Can something positive come from the spotlight currently shining on child sexual abuse? Dickey says the answer is yes. From the Daily News:
The revelations come during a year when cases of sexual abuse have dominated the sports landscape with molestation scandals at Penn State and Syracuse. Dickey said that those events have helped make it easier to come forward.
“I think it has done a lot,” he said. “Thankfully, I think it has done a lot. I hope sexual abuse is never looked at in the same way, as far as something that is taboo to talk about, or something that is tough to discuss.”

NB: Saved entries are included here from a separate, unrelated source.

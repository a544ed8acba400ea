-- ===== src/Attestor.antt =====
-- attestor-workflow: the workflow in an enclave that attests verified wallets, settles payments by the
-- payer's risk and revokes attestations. This file has the data of internal/domain and what the
-- workflow calls from outside; the modules below have the providers, the screener and the handlers.
pub mod Verifying
pub mod Workflow
pub mod Laws
pub mod Providers
pub mod Order
pub mod Http
pub mod Clients
pub mod Reports
pub mod Answered
use compliance_gateway.Common.{ℕ, suc, ◌+◌, ◌-◌, ◌%◌, Bool, Option, List}
use compliance_gateway.Text.{Text, TextMap}
use compliance_gateway.Rat.{ℤ, pos, negsuc}

-- `WorldIDProof`
pub record WorldIdProof : Type 0 where
  pub merkle_root : Text
  pub nullifier_hash : Text
  pub proof : Text
  pub verification_level : Text
  pub action : Text

pub record VerificationRequest : Type 0 where
  pub gate : ℕ
  pub wallet : ℕ
  pub level : ℕ
  pub world_id : Option WorldIdProof

-- The contract's struct.
pub record Attestation : Type 0 where
  pub nullifier : ℕ
  pub level : ℕ
  pub expiry : ℕ

pub data EntryKind : Type 0 where
  attest revoke unrevoke : EntryKind

pub record Entry : Type 0 where
  pub kind : EntryKind
  pub gate : ℕ
  pub wallet : ℕ
  pub att : Attestation
  pub nullifier : ℕ

-- `sumsubIDDoc`
pub record IdDoc : Type 0 where
  pub country : Text
  pub id_doc_type : Text
  pub number : Text

-- `sumsubApplicant`
pub record Applicant : Type 0 where
  pub review_status : Text
  pub review_answer : Text
  pub id_docs : List IdDoc

-- What World ID answers: the HTTP status and the decoded `success`.
pub record WorldIdAnswer : Type 0 where
  pub status : ℕ
  pub success : Bool

-- `goPlusResponse`
pub record GoPlusResponse : Type 0 where
  pub code : ℕ
  pub flags : TextMap Text

-- What the payments opened on a gateway are read as.
pub record GatewayPayment : Type 0 where
  pub max_risk : ℕ

-- The configuration of the workflow that its handlers read.
pub record Config : Type 0 where
  pub sumsub_app_token_id : Text
  pub sumsub_secret_id : Text
  pub session_id_secret_id : Text
  pub relay_fetch_token_id : Text
  pub enclave_nullifier_secret_id : Text
  pub attestation_ttl : ℤ  -- seconds

-- The report that is signed and written to a contract.
pub data Report : Type 0 where
  attestations : (heartbeat : ℕ) → List Entry → Report
  settlement : (id : ℕ) (accepted : Bool) → Report

-- The runtime, the contracts, the services behind HTTP with their responses decoded, and the hashes.
-- A call that fails gives nothing.
pub record Runtime : Type 0 where
  pub now : ℕ  -- seconds
  pub get_secret : Text → Option Text
  pub pending : Text → ℕ → Option (List VerificationRequest)  -- the token and the minute
  pub attestation_of : ℕ → ℕ → Option Attestation
  pub applicant : Text → Text → Text → Option Applicant  -- the two keys and the user's id
  pub verify_world_id : WorldIdProof → ℕ → Option WorldIdAnswer
  pub can_request : ℕ → Bool  -- http.NewRequestWithContext
  pub address_security : ℕ → Option GoPlusResponse
  pub payments : ℕ → ℕ → Option GatewayPayment
  pub write_report : Report → Bool
  pub decode_revocation : Text → Option Text
  pub to_hash : Text → ℕ  -- HexToHash
  pub hmac : Text → Text → Text
  pub keccak : Text → ℕ
  pub to_bytes32 : Text → ℕ
  pub hex_encode : Text → Text
  pub address_hex : ℕ → Text
  pub address_bytes : ℕ → Text
  pub to_lower : Text → Text

-- uint64 of the Unix time after the TTL.
abbrev pub expiry_at : ℕ → ℤ → ℕ
expiry_at now (pos n) = (now + n) % 18446744073709551616
expiry_at now (negsuc n) = (now - suc n) % 18446744073709551616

Dickey's book is excerpted in the April 2 issue of Sports Illustrated, which is currently on newsstands.
3 comments:
I am the product of physical and mental abuse. I am middle aged and believe you me..IT NEVER LEAVES..It is deep down and scarred. I probably would have committed suicide if I had been sexually abused. The mental and physical is bad enough and the demons torture me especially the mental abuse part.. I dont understand how someone can be allowed to live that sexually abuses children. That should be automatic death penalty and NO APPEALS.x
I don't understand why you focus so strongly on the fact that a subset of the children being abused are boys. Girls are abused, too. What's of primary concern is that abuse of children is entirely too common, not what the breakdown is between boy victims and girl victims.
Anon at 9:25:
You raise an important point, and I certainly don't mean to downplay the sexual abuse of girls; it might be even more pervasive than the abuse of boys, and it clearly is every bit as important. My focus on boys has been simply because they have been the victims in many of the national cases that have become known since the arrest of Jerry Sandusky. And of course, the Sandusky case involved boys. I have written extensively about the Dan Acker Jr. case here in Shelby County, Alabama, which apparently involves roughly 20 victims who were all girls. All of the other cases that I've become aware of over the past 5-6 months have involved boys--and that's why my coverage has skewed in that direction. But that is not to minimize the abuse of girls. I suspect the Acker case, when it goes to trial, will shine a major spotlight on that problem. And I will be on the lookout for other such cases. The sexual abuse of children, across the board, apparently is a much bigger problem than many of us ever dreamed.